RECORDS PROVIDED START

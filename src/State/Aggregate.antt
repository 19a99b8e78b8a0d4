-- ===== src/State/Aggregate.antt =====
-- `get_aggregated_events`: consecutive ChecksumOk of one symbol become one line of the log panel. A
-- text that `format!` makes is its template and its arguments.
pub mod Lines
use k_blackbox.Base.{
  ℕ, zero, suc, ◌+◌, ◌≤◌, ◌≡◌, refl, List, [], ◌∷◌, Bool, false, String, str_eq, length, drop,
  length-drop, ltb, arith, if◌then◌else◌,
}
use k_blackbox.Words.{Time}
use k_blackbox.State.{
  AppState, UiEvent, UiEventLogEntry, get_events, checksum_ok, checksum_mismatch, incident_exported,
  incident_captured, fault_injected,
}

-- crates/blackbox-server/src/tui/widgets.rs.
pub data EventColor : Type 0 where
  normal info warning failure : EventColor

pub data Arg : Type 0 where
  text : String → Arg
  number : ℕ → Arg
  debug : UiEvent → Arg

pub record AggregatedEvent : Type 0 where
  pub timestamp : Time
  pub template : String
  pub args : List Arg
  pub color : EventColor

abbrev pub is_ok_for : String → UiEvent → Bool
is_ok_for symbol (checksum_ok s) = str_eq s symbol
is_ok_for symbol _ = false

-- The inner loop: how many of the events that follow continue the run.
unfoldable pub run_length : String → List UiEventLogEntry → ℕ
run_length symbol [] = 0
run_length symbol (e ∷ es) =
    let rest = suc (run_length symbol es) in if is_ok_for symbol e.event then rest else 0

abbrev pub plain : Time → String → List Arg → EventColor → AggregatedEvent × ℕ
plain at template args color =
    (record { timestamp = at; template = template; args = args; color = color }, 0)

-- The line for an event, and how many of the events after it the line covers too.
unfoldable pub line_of : Time → List UiEventLogEntry → UiEvent → AggregatedEvent × ℕ
line_of at es (checksum_ok symbol) =
    if ltb 1 (suc (run_length symbol es))
    then (
      record {
        timestamp = at;
        template = "CHECKSUM_OK {} x{}";
        args = text symbol ∷ number (suc (run_length symbol es)) ∷ [];
        color = normal;
      },
      run_length symbol es,
    )
    else plain at "CHECKSUM_OK {}" (text symbol ∷ []) normal
line_of at es (checksum_mismatch symbol) =
    plain at "CHECKSUM_MISMATCH {}" (text symbol ∷ []) failure
line_of at es (incident_exported path) = plain at "INCIDENT_EXPORTED {}" (text path ∷ []) info
line_of at es (incident_captured id reason) =
    plain at "INCIDENT_CAPTURED {} ({})" (text id ∷ text reason ∷ []) failure
line_of at es (fault_injected fault_type symbol) =
    plain at "FAULT_INJECTED {} {}" (text fault_type ∷ text symbol ∷ []) warning
line_of at es other = plain at "{:?}" (debug other ∷ []) normal

-- The outer loop pushes one line a turn, up to the limit.
unfoldable pub aggregate : ℕ → List UiEventLogEntry → List AggregatedEvent
aggregate zero es = []
aggregate (suc room) [] = []
aggregate (suc room) (e ∷ es) =
    let (line, covered) = line_of e.timestamp es e.event in line ∷ aggregate room (drop covered es)

unfoldable pub get_aggregated_events : {D F : Type 0} → ℕ → AppState D F → List AggregatedEvent
get_aggregated_events limit s = aggregate limit (get_events 1000 s)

RECORDS PROVIDED END

* [EXERCISE GOAL] Please work out how many lines in the material contain the word "AggregatedEvent" and state only that number.

* [TASK ANSWER] 5